Des propositions concrètes d’ici l’automne

Le ministère précise que cette initiative n’est pas née des récents décès de personnes âgées dépendantes, mais qu’elle était déjà prévue dans les travaux du Comité national qui devra aussi traiter du suicide des personnes âgées ainsi que de leurs droits, qu’elles soient à domicile ou en établissement spécialisé. Un point d’étape devrait être livré d’ici le moins de juin avant un rapport à l’automne comprenant «des conclusions et des propositions concrètes et applicables».

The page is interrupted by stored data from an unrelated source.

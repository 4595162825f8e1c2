-- ===== src/Gateway/Server.antt =====
-- The gateway's own endpoints: internal/gateway/server.go. A request is what the handlers read of it.
-- The OpenID Connect client, URL parsing, base64 and JSON are parameters; each reading of the clock
-- has a name.
pub mod Access
pub mod Logout
pub mod SignIn
mod Tests
use shauth.Common.{
  ◌/◌, ℕ, ◌+◌, ◌-◌, ◌*◌, String, Bool, true, false, not, ◌&&◌, ◌||◌, Option, none, some, List, [],
  ◌∷◌, ◌++◌, Result, ok, err, Commit, length, take, drop, all, codes, leb, ltb, ◌==◌, nat_eq,
  string_eq, bytes_eq, is_none, if◌then◌else◌,
}
use shauth.Gateway.Store.{
  Bytes, Session, Db, Crypto, Store, Site, Error, create, find, revoke_browser_token,
  revoke_frontchannel_session, revoke_provider_session, session_not_found, token_replayed,
}

pub record Transaction : Type 0 where
  pub state : String
  pub nonce : String
  pub verifier : String
  pub return_to : String
  pub expires_at : ℕ

pub record IdentityClaims : Type 0 where
  pub subject : String
  pub provider_session_id : String
  pub username : String
  pub email : String
  pub email_verified : Bool
  pub role : String
  pub nonce : String

-- `has_logout_event` is the answer of validLogoutEvent on the events; times are in seconds.
pub record LogoutClaims : Type 0 where
  pub provider_session_id : String
  pub token_id : String
  pub issued_at : ℕ
  pub expires_at : ℕ
  pub nonce : Option String
  pub has_logout_event : Bool

pub record Config : Type 0 where
  pub issuer : String
  pub client_id : String
  pub public_scheme : String
  pub public_host : String
  pub session_max_age : ℕ

-- A verified ID token whose claims do not decode gives `some none`.
pub record Provider : Type 0 where
  pub exchange : String → String → Option (Option Bytes)
  pub verify : Bytes → Option (Option IdentityClaims)
  pub verify_logout : String → Option (Option LogoutClaims)

pub record Codec : Type 0 where
  pub decode_base64 : String → Option Bytes
  pub encode_base64 : Bytes → String
  pub marshal_transaction : Transaction → Bytes
  pub unmarshal_transaction : Bytes → Option Transaction
  pub parse_origin : String → Option (String × String)

pub record Request : Type 0 where
  pub method : String
  pub session_cookie : Option String
  pub transaction_cookie : Option String
  pub state : String
  pub error : String
  pub code : String
  pub iss : String
  pub sid : String
  pub origin : String
  pub referer : String
  pub sec_fetch_site : String
  pub host : String
  pub is_form : Bool
  pub logout_tokens : Option (List String)

pub data CookieChange : Type 0 where
  clears_session clears_transaction : CookieChange
  sets_session sets_transaction : String → ℕ → CookieChange

pub data Target : Type 0 where
  signed_out provider_login issuer_logout gateway_login : Target
  end_session : Bytes → Target
  return_to : String → Target

pub record Response : Type 0 where
  pub status : ℕ
  pub location : Option Target
  pub cookies : List CookieChange

pub data Moment : Type 0 where
  checking finding revoking creating : Moment

pub data SessionError : Type 0 where
  no_session store_failed : SessionError

abbrev pub answer : ℕ → List CookieChange → Response
answer status cookies = record { status = status; location = none; cookies = cookies }

abbrev pub redirect : ℕ → Target → List CookieChange → Response
redirect status target cookies = record {
  status = status;
  location = some target;
  cookies = cookies;
}

-- No session, a store that cannot be read, or a session and its token.
abbrev pub found_session : Bytes → Result Error Session → Result SessionError (Session × Bytes)
found_session token (ok s) = ok (s, token)
found_session token (err session_not_found) = err no_session
found_session token (err _) = err store_failed

abbrev is_id_character : ℕ → Bool
is_id_character c =
    leb b'a' c && leb c b'z'
    || (leb b'A' c && leb c b'Z'
        || (leb b'0' c && leb c b'9' || (c == b'-' || (c == b'_' || c == b'.'))))

-- A parsed URL of a return address; `request_uri` is what RequestURI gives.
pub record ReturnTarget : Type 0 where
  pub path : String
  pub is_absolute : Bool
  pub has_host : Bool
  pub request_uri : String

abbrev has_backslash : List ℕ → Bool
has_backslash [] = false
has_backslash (c ∷ cs) = let rest = has_backslash cs in c == 92 || rest

-- A path from the root that no browser reads as another host.
abbrev is_rooted : List ℕ → Bool
is_rooted [] = false
is_rooted (a ∷ []) = a == b'/'
is_rooted (a ∷ b ∷ cs) = a == b'/' && not (b == b'/')

unfoldable pub relative_return_to : Option ReturnTarget → String
relative_return_to none = "/"
relative_return_to (some t) =
    if not (is_rooted (codes t.path))
      || (has_backslash (codes t.path) || (t.is_absolute || t.has_host))
    then "/"
    else t.request_uri

-- A character outside ASCII fails the test, so the length in characters is the length in bytes of
-- every identifier that passes it.
unfoldable pub is_valid_provider_session_id : String → Bool
is_valid_provider_session_id sid =
    not (sid == "") && (leb (length (codes sid)) 128 && all is_id_character (codes sid))

unfoldable pub is_complete : IdentityClaims → Transaction → Bool
is_complete c pending =
    not (c.subject == "")
    && (not (c.provider_session_id == "")
        && (not (c.username == "")
            && (not (c.email == "")
                && (c.email_verified
                    && ((c.role == "developer" || c.role == "admin")
                        && c.nonce == pending.nonce)))))

-- The token of a cookie: 32 bytes.
abbrev pub token_of_cookie : Codec → Option String → Option Bytes
token_of_cookie codec none = none
token_of_cookie codec (some value) = elim (codec.decode_base64 value) [
  | none ↦ none
  | some token ↦ if length token == 32 then some token else none
]

-- The issuing time of a logout token in microseconds is from five minutes ago to five seconds ahead.
abbrev second : ℕ
second = 1000000

abbrev pub is_recent : ℕ → ℕ → Bool
is_recent now issued_at =
    leb (issued_at * second) (now + 5 * second) && leb now (issued_at * second + 300 * second)

abbrev pub has_logout_claims : LogoutClaims → Bool
has_logout_claims c =
    not (c.provider_session_id == "")
    && (not (c.token_id == "")
        && (not (c.issued_at == 0) && (not (c.expires_at == 0) && is_none c.nonce)))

Les systèmes de géolocalisation de personnes dépendantes existent déjà, et en nombre. La revue de l’Institut national de consommation (INC), 60 millions de consommateurs, en avait testé une sélection en novembre 2011 et le résultat était loin d’être convaincant. Ils «répondent à une vraie demande (15 % des disparitions inquiétantes recensées concernent des personnes touchées par la maladie d’Alzheimer, ndlr), mais les offres sont décevantes», estimaient les auteurs du test.

Pas efficaces ou trop complexes

Les appareils de géolocalisation prennent des formes diverses (médaillon, bracelet ou téléphone), mais présentent le même principe: transmettre «la position du porteur à une plateforme d’assistance ou à un proche» et «permettre d’engager une conversation téléphonique en cas de problème», décrit 60 millions de consommateurs.

La conclusion était toutefois sans appel pour l’utilisation intrinsèque à ces systèmes: «Certains appareils sont simples à utiliser, mais pas efficaces, d’autres sont trop complexes à l’usage. Résultat, aucun panéliste n’a souhaité les utiliser au-delà du premier mois de test!»

Abonnement douteux, éthique à étudier

Sans oublier l’abonnement à ces appareils – d’environ 400 à 750 euros par an - dont certains sont douteux. «On peut souscrire un abonnement sans connaître ni sa durée ni son prix exact, et sans être certain qu’il sera éligible aux aides fiscales, pourtant mises en avant», écrit la revue. Au final, les testeurs ont été incapables de recommander un seul des huit systèmes testés.

Et l’INC s’est également posé la question de l’éthique liée à leur utilisation: les personnes munies du système ont-elles leur mot à dire ou y seront-elles contraintes? Ce sera au Comité national pour la bientraitance et les droits des personnes âgées et des personnes handicapées de trouver des réponses à toutes ces interrogations.